If you use Adsense to monetize your website, it sure helps to find know how much your site earns from the various traffic sources. While Analytics can filter our Adsense earnings from individual sites, it won’t break it down by individual URLs from those sites (or paid traffic campaigns).
This is particularly important if you incorporate paid traffic into your traffic mix (like I do).
Do you send traffic to your website from your Facebook page? Do you know how much you earn from Adsense from a specific Facebook post?
Unless you’re tracking the traffic, you probably have no idea. For a long time I merely speculated how my Facebook page and ads earned.

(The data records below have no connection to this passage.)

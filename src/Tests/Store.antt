-- ===== src/Tests/Store.antt =====
-- The theorems of the store at the databases of the tests.
use op_ca.Prelude.{◌≡◌, refl, [], ◌∷◌, map, arith}
use op_ca.Store.Status.{OrderStatus}
use op_ca.Store.Tables.{Db, empty}
use op_ca.Store.Calls.{run}
use op_ca.Store.Calls.{Call}
use op_ca.Store.Progress.Diagram.{Progresses, run-Progresses}
use op_ca.Store.Healthy.{Healthy}
use op_ca.Store.Healthy.Run.{run-Healthy}
use op_ca.Tests.{issuing, issued_db}

issued_statuses :
    map (λ o. o.status) issued_db.orders ≡ OrderStatus.valid ∷ OrderStatus.invalid ∷ []
unfolding op_ca.Store.Calls.step op_ca.Store.Calls.run op_ca.Store.Orders.insert_order
    op_ca.Store.Orders.insert_authorisation op_ca.Store.Orders.insert_challenge
    op_ca.Store.Orders.insert_challenges op_ca.Store.Orders.insert_authorisations
    op_ca.Store.Orders.create_order op_ca.Store.Orders.order op_ca.Store.Orders.set_order_error
    op_ca.Store.Orders.set_challenge_error op_ca.Store.Orders.set_order_status
    op_ca.Store.Orders.set_authorisation_status op_ca.Store.Orders.stamp_validated
    op_ca.Store.Orders.decide_authorisation op_ca.Store.Orders.decided_by op_ca.Store.Orders.decide
    op_ca.Store.Orders.set_challenge_status op_ca.Store.Accounts.account_by_thumbprint
    op_ca.Store.Accounts.account op_ca.Store.Accounts.insert_account
    op_ca.Store.Accounts.create_account op_ca.Store.Accounts.set_contacts
    op_ca.Store.Accounts.holder_filter op_ca.Store.Accounts.refuse_holder
    op_ca.Store.Accounts.give_key op_ca.Store.Accounts.change_key op_ca.Store.Accounts.orders_of
    op_ca.Store.Accounts.set_account_status op_ca.Store.Certificates.next_change
    op_ca.Store.Certificates.next_certificate op_ca.Store.Certificates.append_certificate
    op_ca.Store.Certificates.insert_certificate op_ca.Store.Certificates.name_certificate
    op_ca.Store.Certificates.certificate op_ca.Store.Certificates.certificate_by_serial
    op_ca.Store.Certificates.begin_processing op_ca.Store.Certificates.record_certificate
    op_ca.Store.Certificates.reason_allowed op_ca.Store.Certificates.mark_revoked
    op_ca.Store.Certificates.revoke op_ca.Store.Certificates.issued_by
    op_ca.Store.Certificates.revoked_unexpired op_ca.Store.Certificates.take_crl_number
    op_ca.Store.Certificates.next_crl_number op_ca.Store.Certificates.insert_by_change
    op_ca.Store.Certificates.order_by_change op_ca.Store.Certificates.page
    op_ca.Store.Certificates.changed_after op_ca.Store.Certificates.newest
    op_ca.Store.Certificates.counts op_ca.Store.Upkeep.joined op_ca.Store.Upkeep.validation_of
    op_ca.Store.Upkeep.processing op_ca.Store.Upkeep.expire_authorisations
    op_ca.Store.Upkeep.expire_orders op_ca.Store.Upkeep.expire_stale op_ca.Store.Upkeep.snapshot
    op_ca.Store.Upkeep.is_whole op_ca.Store.Upkeep.restorable_beside op_ca.Store.Upkeep.replacement
    op_ca.Store.Upkeep.replaced op_ca.Store.Upkeep.replace_from op_ca.Store.Settle.has_failed
    op_ca.Store.Settle.has_unproved op_ca.Store.Settle.must_fail op_ca.Store.Settle.fail_orders
    op_ca.Store.Settle.fail_order op_ca.Store.Settle.ready_order op_ca.Store.Settle.settle_order
    op_ca.Store.Settle.settle_order_of op_ca.Store.Lifecycle.row_of
    op_ca.Store.Lifecycle.read_status op_ca.Store.Lifecycle.put_status
    op_ca.Store.Lifecycle.transition op_ca.Store.Tables.greatest op_ca.Store.Tables.next_id
    op_ca.Base64url.symbol op_ca.Base64url.triple op_ca.Base64url.sextet
    op_ca.Base64url.chunk_symbols op_ca.Base64url.base64url op_ca.Base64url.value
    op_ca.Base64url.push_byte op_ca.Base64url.finish op_ca.Base64url.decode
    op_ca.Base64url.from_base64url op_ca.Store.Status.account_text op_ca.Store.Status.account_parse
    op_ca.Store.Status.order_text op_ca.Store.Status.order_parse
    op_ca.Store.Status.authorisation_text op_ca.Store.Status.authorisation_parse
    op_ca.Store.Status.challenge_text op_ca.Store.Status.challenge_parse
    op_ca.Store.Moves.account_may_become op_ca.Store.Moves.order_may_become
    op_ca.Store.Moves.authorisation_may_become op_ca.Store.Moves.challenge_may_become
issued_statuses = refl

empty-Healthy : Healthy empty
empty-Healthy = record { ids = tt; refs = tt; in_step = tt }

run-Healthy_example : Healthy (run empty issuing)
run-Healthy_example = run-Healthy empty issuing (ground arith) empty-Healthy

run-Progresses_example : Progresses issued_db (run issued_db (Call.expires 50 ∷ []))
run-Progresses_example = run-Progresses issued_db (Call.expires 50 ∷ [])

Not any more.
Yes, you can see how much you earn from Facebook overall, but not individual Facebook page posts and ad campaigns unless you use the Google URL Builder.

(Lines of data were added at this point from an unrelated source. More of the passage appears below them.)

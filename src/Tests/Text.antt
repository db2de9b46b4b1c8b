-- ===== src/Tests/Text.antt =====
-- The theorems of the encodings, and of the statuses' moves, at concrete inputs.
use op_ca.Prelude.{◌≡◌, some, [], ◌∷◌, arith}
use op_ca.Base64url.{base64url, from_base64url}
use op_ca.Base64url.RoundTrip.{from_base64url-base64url}

from_base64url-base64url_example :
    from_base64url (base64url (0xfb ∷ 0xff ∷ 0xbf ∷ 7 ∷ [])) ≡ some (0xfb ∷ 0xff ∷ 0xbf ∷ 7 ∷ [])
from_base64url-base64url_example =
    from_base64url-base64url (0xfb ∷ 0xff ∷ 0xbf ∷ 7 ∷ []) (ground arith)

What’s this free software that does the tracking?
It’s Google’s URL Builder (also referred to as the UTM URL builder). You can access it here (it’s free).
How does it work?
It tracks Adsense revenue earned from traffic from the link source you input into creating the traffic link.

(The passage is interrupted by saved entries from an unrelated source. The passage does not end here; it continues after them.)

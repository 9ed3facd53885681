-- ===== src/Api/Denials.antt =====
-- What the coordinated mode refuses, and what a refused call leaves.
use tree_ring_memory.Prelude.{
  String, ◌≡◌, refl, Bool, false, Option, none, some, List, [], ◌∷◌, ◌++◌, if◌then◌else◌, is_some,
  length, TreeRingError, Result, authorization_denied, ok, err, ◌⊎◌, inl, inr,
}
use tree_ring_memory.Event.{MemoryEvent}
use tree_ring_memory.Externals.{Externals}
use tree_ring_memory.Store.{Store, coordinated, AuditRow, PolicyMode, unrestricted}
use tree_ring_memory.Portability.{normalize_import_events}
use tree_ring_memory.Policy.{
  WriteContext, AuthorizationOutcome, allowed, denied, is_unrestricted, hashes_match, audit_target,
  insert_audit, authorize_with_policy, authorize_coordinator_action,
}
use tree_ring_memory.Api.{
  guarded, supersede_body, supersede, delete_body, delete, redact_body, redact,
}
use tree_ring_memory.Api.Admin.{disabled, disable_coordinated_policy}
use tree_ring_memory.Api.Batch.{
  import_events, plan_import, first_id, import_report, import_body, import_normalized,
}
use tree_ring_memory.Api.Invariant.Guarded.{OnlyAudit}

abbrev pub refusal : TreeRingError
refusal = authorization_denied "coordinator capability required by coordinated store policy"

-- The call is refused: it returns the error, and of the tables only the audit log differs, by one
-- new row that records the denial under the name of the action.
pub record IsRefused {ℓ} {A : Type ℓ} (action : String) (s : Store) (r : Store × Result A)
    : Type ℓ where
  pub refused : r.1 ≡ err refusal
  pub kept : OnlyAudit s r.0
  pub row : AuditRow
  pub logged : r.0.authorization_audit ≡ s.authorization_audit ++ row ∷ []
  pub recorded : (row.action ≡ action) × (row.decision ≡ "denied")

pub not_unrestricted : (mode : PolicyMode) → mode ≡ coordinated → is_unrestricted mode ≡ false
unfolding is_unrestricted
not_unrestricted unrestricted h = cc
not_unrestricted coordinated h = refl

module _ (env : Externals) (now : String) (context : WriteContext) where
  -- The store is coordinated, and the context has no capability that matches.
  abbrev pub IsUnprivileged : Store → Type 0
  IsUnprivileged s =
      (s.policy.mode ≡ coordinated)
      × (hashes_match context.capability_hash s.policy.capability_hash ≡ false)

  -- An authorization that denies.
  pub record IsDenial (action : String) (s : Store) (auth : AuthorizationOutcome × Store)
      : Type 0 where
    pub outcome : auth.0 ≡ denied refusal
    pub kept : OnlyAudit s auth.1
    pub row : AuditRow
    pub logged : auth.1.authorization_audit ≡ s.authorization_audit ++ row ∷ []
    pub recorded : (row.action ≡ action) × (row.decision ≡ "denied")

  pub policy-IsDenial :
      (action : String) (target : Option String) (s : Store)
      → hashes_match context.capability_hash s.policy.capability_hash ≡ false
      → IsDenial action s (authorize_with_policy env now context action target s.policy s)
  unfolding authorize_with_policy insert_audit
  policy-IsDenial action target s h = rw h (record {
    outcome = refl;
    kept = record {
      memories = refl;
      fts = refl;
      claims = refl;
      tombstones = refl;
      policy = refl;
      consolidations = refl;
    };
    row = record {
      created_at = now;
      action = action;
      decision = "denied";
      reason =
          if is_some context.capability_hash
          then "invalid_coordinator_capability"
          else "missing_coordinator_capability";
      actor_profile = context.actor_profile;
      origin = context.origin;
      target_memory_id = audit_target env target;
    };
    logged = refl;
    recorded = (refl, refl);
  })

  pub action-IsDenial :
      (action : String) (target : Option String) (s : Store)
      → IsUnprivileged s
      → IsDenial action s (authorize_coordinator_action env now context action target s)
  unfolding authorize_coordinator_action
  action-IsDenial action target s u =
      rw (not_unrestricted s.policy.mode u.0) (policy-IsDenial action target s u.1)

  pub denial-IsRefused {ℓ} :
      {A : Type ℓ} (action : String) (s : Store) (auth : AuthorizationOutcome × Store)
      (body : Store → Result (Store × A))
      → IsDenial action s auth
      → IsRefused action s (guarded s auth body)
  unfolding guarded
  denial-IsRefused action s (denied error, after) body d = record {
    refused = cc d.outcome;
    kept = d.kept;
    row = d.row;
    logged = d.logged;
    recorded = d.recorded;
  }
  denial-IsRefused action s (allowed, after) body d = absurd (cc d.outcome)

  -- In the coordinated mode, a context without the matching capability cannot delete, redact,
  -- supersede or import anything, nor disable the policy: each of these calls returns
  -- `AuthorizationDenied`, and changes nothing but the audit log, which gains one row that records
  -- the denial. An import that is no dry run is refused in this way unless its events fail
  -- normalisation, which comes first.
  pub unprivileged-IsRefused :
      (s : Store)
      → IsUnprivileged s
      → ((id : String) → IsRefused "delete" s (delete env now context id s))
        × ((id : String) → IsRefused "redact" s (redact env now context id s))
        × ((old_id new_id : String)
            → IsRefused "supersede" s (supersede env now context old_id new_id s))
        × ((events : List MemoryEvent) (replace_existing : Bool)
            → ((e : TreeRingError) × (normalize_import_events env events ≡ err e))
              ⊎ IsRefused "import_jsonl" s
                  (import_events env now context events false replace_existing s))
        × IsRefused "policy_disable" s (disable_coordinated_policy env now context s)
  unfolding delete redact supersede import_events import_normalized disable_coordinated_policy
      disabled
  unprivileged-IsRefused s u = (
    λ id.
        denial-IsRefused "delete" s _ (delete_body env now context id)
          (action-IsDenial "delete" (some id) s u),
    λ id.
        denial-IsRefused "redact" s _ (redact_body env now context id)
          (action-IsDenial "redact" (some id) s u),
    λ old_id new_id.
        denial-IsRefused "supersede" s _ (supersede_body env now context old_id new_id)
          (action-IsDenial "supersede" (some old_id) s u),
    λ events replace. import_refused replace (normalize_import_events env events) _ refl,
    disable_refused _ (action-IsDenial "policy_disable" none s u),
  )
    where
      disable_refused :
          (auth : AuthorizationOutcome × Store)
          → IsDenial "policy_disable" s auth
          → IsRefused "policy_disable" s (disabled env now context auth)
      disable_refused (denied error, after) d = record {
        refused = cc d.outcome;
        kept = d.kept;
        row = d.row;
        logged = d.logged;
        recorded = d.recorded;
      }
      disable_refused (allowed, after) d = absurd (cc d.outcome)

      import_refused :
          (replace : Bool) (read normal : Result (List MemoryEvent))
          → read ≡ normal
          → ((e : TreeRingError) × (read ≡ err e))
            ⊎ IsRefused "import_jsonl" s (import_normalized env now context false replace s normal)
      import_refused replace read (err e) h = inl (e, h)
      import_refused replace read (ok normal) h =
          let plan = plan_import replace s [] normal in
          inr (
            denial-IsRefused "import_jsonl" s _
              (import_body env now context plan (import_report (length normal) false plan))
              (action-IsDenial "import_jsonl" (first_id plan.planned_writes normal) s u))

For example, if you create a post on Facebook and use the URL builder link, you’ll be able to see exactly how much Adsense revenue you earned via that link (i.e. Facebook post).
Another example: If you create a Facebook ad campaign, you can insert the Google URL so you can see exactly how much that Facebook campaign earns you with Adsense.
How I set up the Google URL builder
Watch the Video
I keep it simple.
I don’t bother inputting the fields that are blank above. The information in the required fields is sufficient for my tracking purposes.
In Google Analytics, the tracking would show up as: Facebook-Specific-Blog-Post-Title-Date. This way you can immediately determine how much the link generated in Adsense.
In the Campaign Medium field, you can add additional information that helps you track the source of the traffic. I have my system; you no doubt will develop your own tracking system.
Don’t forget to link your Adsense account to your Google Analytics account
In order to get this information, you’ll need to link your Google Adsense account with Google Analytics.
What about tracking organic search traffic Adsense revenue?
The Google URL builder isn’t necessary for this. If you integrate your Adsense account with Analytics, you can filter down to see exactly how much Adsense revenue you earn from Google organic search traffic.
What about PPC campaigns such as Bing Ads?
Yes, you can use the Google URL builder as your Bing Ads link to track Adsense revenue. I do for most campaigns (although I mostly monetize Bing Ads traffic with affiliate offers instead of Adsense).
What about native advertising campaigns such as Outbrain?
You bet. Most native advertisers offer an option to add your Google URL UTM link code for tracking.
In fact, I find it’s most useful with my Outbrain campaigns because I know exactly how much I can bid on a CPC basis for traffic.
What else can the Google URL Builder track?
It’s certainly not just for tracking Adsense revenue.
It can track anything as long as you can incorporate it with an Analytics goal.
For example, you can track email sign up conversions from different traffic sources.
I don’t use the URL builder for conversion tracking; currently I use it solely for tracking Adsense revenue. But once you understand how to use the Google URL builder and if you know how to set up goals in Analytics, the sky really is the limit.
I use it selectively…
I’m the first to admit that I should be more diligent about tracking. I have coaching students who are appalled at my lack of tracking. I actually eyeball a lot of campaigns because the more you use the URL Builder, the more data you must comb through.
I restrict its use to paid campaigns, mostly native advertising campaigns. Since I’m running over 100 Facebook ad sets at any given time, that’s a lot of monitoring.
I don’t recommend eye-balling like I do. I’d probably earn more if I were more diligent, but I get bored analyzing reams of data unless it’s critical such as native advertising campaigns.
At some point, too much information becomes a liability. I know myself so I create only the amount of data that I know I’ll actually review and analyze.
If you love data, you could take this URL builder to levels I’ve never considered. If you’re willing to put in the time with it, you can earn a much better ROI than me.
Shorten the URL
I don’t do this, but if you use the Google URL Builder extensively, especially on social media, you may wish to use a URL shortener so the links you post aren’t so long and ugly. This isn’t necessary with paid campaigns.